Cliff's frantic drum solo was dubbed by former Harry James and His Orchestra drummer Dave Coleman.

==Critical response==
Critic Bosley Crowther was not impressed with the atmospherics of the film and panned the film for its screenplay, writing: "We wish we could recommend it as a perfect combination of the styles of the eminent Mr. Hitchcock and the old German psychological films, for that is plainly and precisely what it tries very hard to be. It is full of the play of light and shadow, of macabre atmosphere, of sharply realistic faces and dramatic injections of sound. People sit around in gloomy places looking blankly and silently into space, music blares forth from empty darkness, and odd characters turn up and disappear. It is all very studiously constructed for weird and disturbing effects.
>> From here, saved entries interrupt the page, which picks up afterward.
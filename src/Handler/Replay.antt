-- ===== src/Handler/Replay.antt =====
-- A frame that was accepted is not accepted again.
use mathlib.Core.Path.{subst}
use access_security_system_e.Common.{
  ℕ, ◌<◌, ◌≡◌, refl, ap, sym, ◌∙◌, Bool, true, false, ◌&&◌, some, List, [], ◌∷◌, arith, Bool-cases,
  inl, inr, ==_refl,
}
use access_security_system_e.Common.Sets.{mem}
use access_security_system_e.Common.Maps.{lookup}
use access_security_system_e.Protocol.Frame.{Frame}
use access_security_system_e.Protocol.Parser.{ok, parse_frame}
use access_security_system_e.Protocol.Parser.Steps.{ok-inj}
use access_security_system_e.Protocol.ReplayWindow.{
  ReplayWindow, new_window, contains, accept, accept_all,
}
use access_security_system_e.Protocol.ReplayWindow.Invariant.{
  IsWindow, new_window-IsWindow, accept_all-IsWindow, window-remember,
}
use access_security_system_e.Protocol.ReplayWindow.InOrder.{Rising, accept-Rising_once}
use access_security_system_e.Protocol.ReplayWindow.Forgotten.{remembered}
use access_security_system_e.Crypto.{Sodium}
use access_security_system_e.KeyManager.{KeyManager}
use access_security_system_e.Handler.{
  AccessStore, FrameHandlerConfig, Windows, window_size, reader_window, handle, make_error,
}
use access_security_system_e.Handler.Accepted.{IsAccepted, handle-allow_iff, handle_accepts}
use access_security_system_e.Handler.Checks.{replayed}
use access_security_system_e.Handler.History.{
  Call, run, counted, accepted_seq, seqs_of, handle-ok, reader_window-run,
}

window-accept_all : (w : ReplayWindow) (xs : List ℕ) → (accept_all w xs).window ≡ w.window
unfolding accept_all accept
window-accept_all w [] = refl
window-accept_all w (x ∷ xs) =
    ground (arith, window-remember w x, window-accept_all (accept w x).0 xs)

window_size_pos : (c : FrameHandlerConfig) → 0 < window_size c
unfolding window_size
window_size_pos c = ground arith

accept-contains : (w : ReplayWindow) (s : ℕ) → (accept w s).1 ≡ false → contains w s ≡ true
unfolding accept
accept-contains w s h = ground arith

both : (a b : Bool) → a ≡ true → b ≡ true → (a && b) ≡ true
both a b h k = ground arith

not_both : (a b : Bool) → a ≡ true → b ≡ true → (a && b) ≡ false → ⊥
not_both a b h k e = ground arith

accept-known :
    (w : ReplayWindow) (s : ℕ) → IsWindow w → 0 < w.window → contains (accept w s).0 s ≡ true
unfolding accept
accept-known w s v h = elim (Bool-cases (contains w s)) [
  | inl old ↦ rw (accept, old) old
  | inr new ↦ rw (accept, new) (remembered w s v h)
]

module _ (lib : Sodium) (m : KeyManager) (c : FrameHandlerConfig) where
  first_window : (r : ℕ) → reader_window c [] r ≡ new_window (window_size c)
  unfolding reader_window lookup
  first_window r = refl

  after_run :
      (store : AccessStore) (calls : List Call) (r : ℕ)
      → c.anti_replay_enabled ≡ true
      → reader_window c (run lib m c store [] calls) r
        ≡ accept_all (new_window (window_size c)) (seqs_of lib m c store [] calls r)
  after_run store calls r on =
      reader_window-run lib m c store [] calls r on
      ∙ ap (λ w. accept_all w (seqs_of lib m c store [] calls r)) (first_window r)

  window_after_run :
      (store : AccessStore) (calls : List Call) (r : ℕ)
      → c.anti_replay_enabled ≡ true
      → let w = reader_window c (run lib m c store [] calls) r in IsWindow w × (0 < w.window)
  window_after_run store calls r on =
      let xs = seqs_of lib m c store [] calls r in
      let w = new_window (window_size c) in
      subst (λ v. IsWindow v × (0 < v.window)) (sym (after_run store calls r on))
        (
          accept_all-IsWindow w xs (new_window-IsWindow (window_size c)),
          (let k : w.window ≡ window_size c = unfold new_window in refl in
              omega (arith, window-accept_all w xs, window_size_pos c, k)),
        )

  IsAccepted-frame :
      (store : AccessStore) (now : ℕ) (ws : Windows) (bytes : List ℕ) (f : Frame)
      → parse_frame bytes c.max_ct_len ≡ ok f
      → (handle lib m c (some store) now ws bytes).0.allow ≡ true
      → (plaintext : List ℕ) × IsAccepted lib m c store now ws f plaintext
  IsAccepted-frame store now ws bytes f p allowed =
      let (g, plaintext, q, a) = (handle-allow_iff lib m c store now ws bytes).0 allowed in
      (plaintext, subst (λ x. IsAccepted lib m c store now ws x plaintext) (ok-inj (sym q ∙ p)) a)

  -- An accepted call puts its number into its reader's window.
  accepted_seq_lem :
      (store : AccessStore) (now : ℕ) (ws : Windows) (bytes : List ℕ) (f : Frame)
      → parse_frame bytes c.max_ct_len ≡ ok f
      → (handle lib m c (some store) now ws bytes).0.allow ≡ true
      → accepted_seq lib m c store ws (record { now = now; bytes = bytes }) f.header.reader_id
        ≡ f.header.seq ∷ []
  unfolding accepted_seq counted
  accepted_seq_lem store now ws bytes f p allowed =
      let (plaintext, a) = IsAccepted-frame store now ws bytes f p allowed in
      rw (handle_accepts lib m c store now ws bytes f plaintext p a, ==_refl f.header.reader_id)
        refl

  -- A parsed frame whose number its window contains is not accepted.
  known_number :
      (store : AccessStore) (now : ℕ) (ws : Windows) (bytes : List ℕ) (f : Frame)
      → c.anti_replay_enabled ≡ true
      → parse_frame bytes c.max_ct_len ≡ ok f
      → contains (reader_window c ws f.header.reader_id) f.header.seq ≡ true
      → (handle lib m c (some store) now ws bytes).0.allow ≡ false
  known_number store now ws bytes f on p h =
      elim (Bool-cases (handle lib m c (some store) now ws bytes).0.allow) [
        | inr refusal ↦ refusal
        | inl allowed ↦
            let (g, plaintext, q, a) = (handle-allow_iff lib m c store now ws bytes).0 allowed in
            let same : f ≡ g = ok-inj (sym p ∙ q) in
            absurd (
              not_both _ _ on
                (subst (λ x. contains (reader_window c ws x.header.reader_id) x.header.seq ≡ true)
                  same h)
                a.fresh)
      ]

  -- With the replay check on, in a history that began with no windows: if a reader's accepted
  -- frames had rising numbers, a frame of that reader with one of those numbers is refused,
  -- however many frames came between.
  pub handle-Rising_once :
      (store : AccessStore) (calls : List Call) (now : ℕ) (bytes : List ℕ) (f : Frame)
      → c.anti_replay_enabled ≡ true
      → parse_frame bytes c.max_ct_len ≡ ok f
      → Rising 0 (seqs_of lib m c store [] calls f.header.reader_id)
      → mem f.header.seq (seqs_of lib m c store [] calls f.header.reader_id) ≡ true
      → (handle lib m c (some store) now (run lib m c store [] calls) bytes).0.allow ≡ false
  handle-Rising_once store calls now bytes f on p rising known =
      known_number store now (run lib m c store [] calls) bytes f on p (
        subst (λ w. contains w f.header.seq ≡ true)
          (sym (after_run store calls f.header.reader_id on))
          (accept-contains _ _ (
            accept-Rising_once (window_size c) (seqs_of lib m c store [] calls f.header.reader_id)
              f.header.seq rising known)))

  -- With the replay check on, in a history that began with no windows: right after a frame was
  -- accepted, and after any further calls that put no number into its reader's window, the same
  -- buffer is refused with the reason "replay".
  pub handle_again :
      (store : AccessStore) (before between : List Call) (now later : ℕ) (bytes : List ℕ)
      (f : Frame)
      → let ws = run lib m c store [] before in
        let next = handle lib m c (some store) now ws bytes in
        c.anti_replay_enabled ≡ true
        → parse_frame bytes c.max_ct_len ≡ ok f
        → next.0.allow ≡ true
        → seqs_of lib m c store next.1 between f.header.reader_id ≡ []
        → (handle lib m c (some store) later (run lib m c store next.1 between) bytes).0
          ≡ make_error "replay" f.header
  handle_again store before between now later bytes f on p allowed quiet =
      let ws = run lib m c store [] before in
      let next = handle lib m c (some store) now ws bytes in
      let call : Call = record { now = now; bytes = bytes } in
      let r = f.header.reader_id in
      let (plaintext, a) = IsAccepted-frame store now ws bytes f p allowed in
      let (v, pos) = window_after_run store before r on in
      let numbers : seqs_of lib m c store ws (call ∷ between) r ≡ f.header.seq ∷ [] =
        unfold seqs_of in rw (accepted_seq_lem store now ws bytes f p allowed, quiet) refl in
      let window : reader_window c (run lib m c store next.1 between) r
          ≡ (accept (reader_window c ws r) f.header.seq).0 =
        unfold run accept_all in
        (reader_window-run lib m c store ws (call ∷ between) r on
          ∙ ap (accept_all (reader_window c ws r)) numbers) in
      let known : contains (reader_window c (run lib m c store next.1 between) r) f.header.seq
          ≡ true =
        subst (λ w. contains w f.header.seq ≡ true) (sym window)
          (accept-known (reader_window c ws r) f.header.seq v pos) in
      ap (λ out. out.0)
        (handle-ok lib m c store later (run lib m c store next.1 between) bytes f p
          ∙ replayed lib m c store later (run lib m c store next.1 between) f a.reader_known
              a.door_bound a.version_ok (both _ _ on known))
But, unfortunately, Miss Harrison and Mr. Siodmak forgot one basic thing—they forgot to provide their picture with a plausible, realistic plot." In The Nation in 1944, critic James Agee stated, "Miss Harrison is doing nothing that Hitchcock has not done a great deal better ... She is simply an intelligent, entertaining worker in an idiom which badly needs not only restoring but developing ... There is plenty in Phantom Lady to enjoy, and to be glad of." Pauline Kael wrote: "The mood and pacing lift this low-budget thriller out of its class, but the ideas, the dialogue, and the ending that the studio insisted on prevent it from being a first-rate B-picture." Leslie Halliwell gave it two of four stars: "Odd little thriller which doesn't really hold together but is made for the most part with great style." Leonard Maltin was enthusiastic: "First-rate suspense yarn ... Sexual innuendo in drumming scene with Cook is simply astonishing ... " Eddie Muller called it a "breakout film" for Harrison and Siodmak: "They sacrificed some of the screw-tightening suspense in favor of a waltz into Woolrich's particular strain of darkness. In addition to the inky menace brushed over desolate locations, they amplified sounds of urban dread: the screeching of elevated trains, footsteps echoing on wet pavement, and, most famously, the scary abandon of an after-hours jazz club."

==Home media==
Universal Pictures Home Entertainment released a made-on-demand DVD-R of the film through Turner Classic Movies.

Arrow Films released a region A Blu-ray edition of the film under their Arrow Academy label on March 5, 2019.

==Radio adaptation==
The Phantom Lady was presented on Lux Radio Theater, March 27, 1944.

The Phantom Lady was presented on Lady Esther Screen Guild Theatre September 11, 1944. The 30-minute adaptation starred Ralph Bellamy, Louise Allbritton, David Bruce and Walter Abel.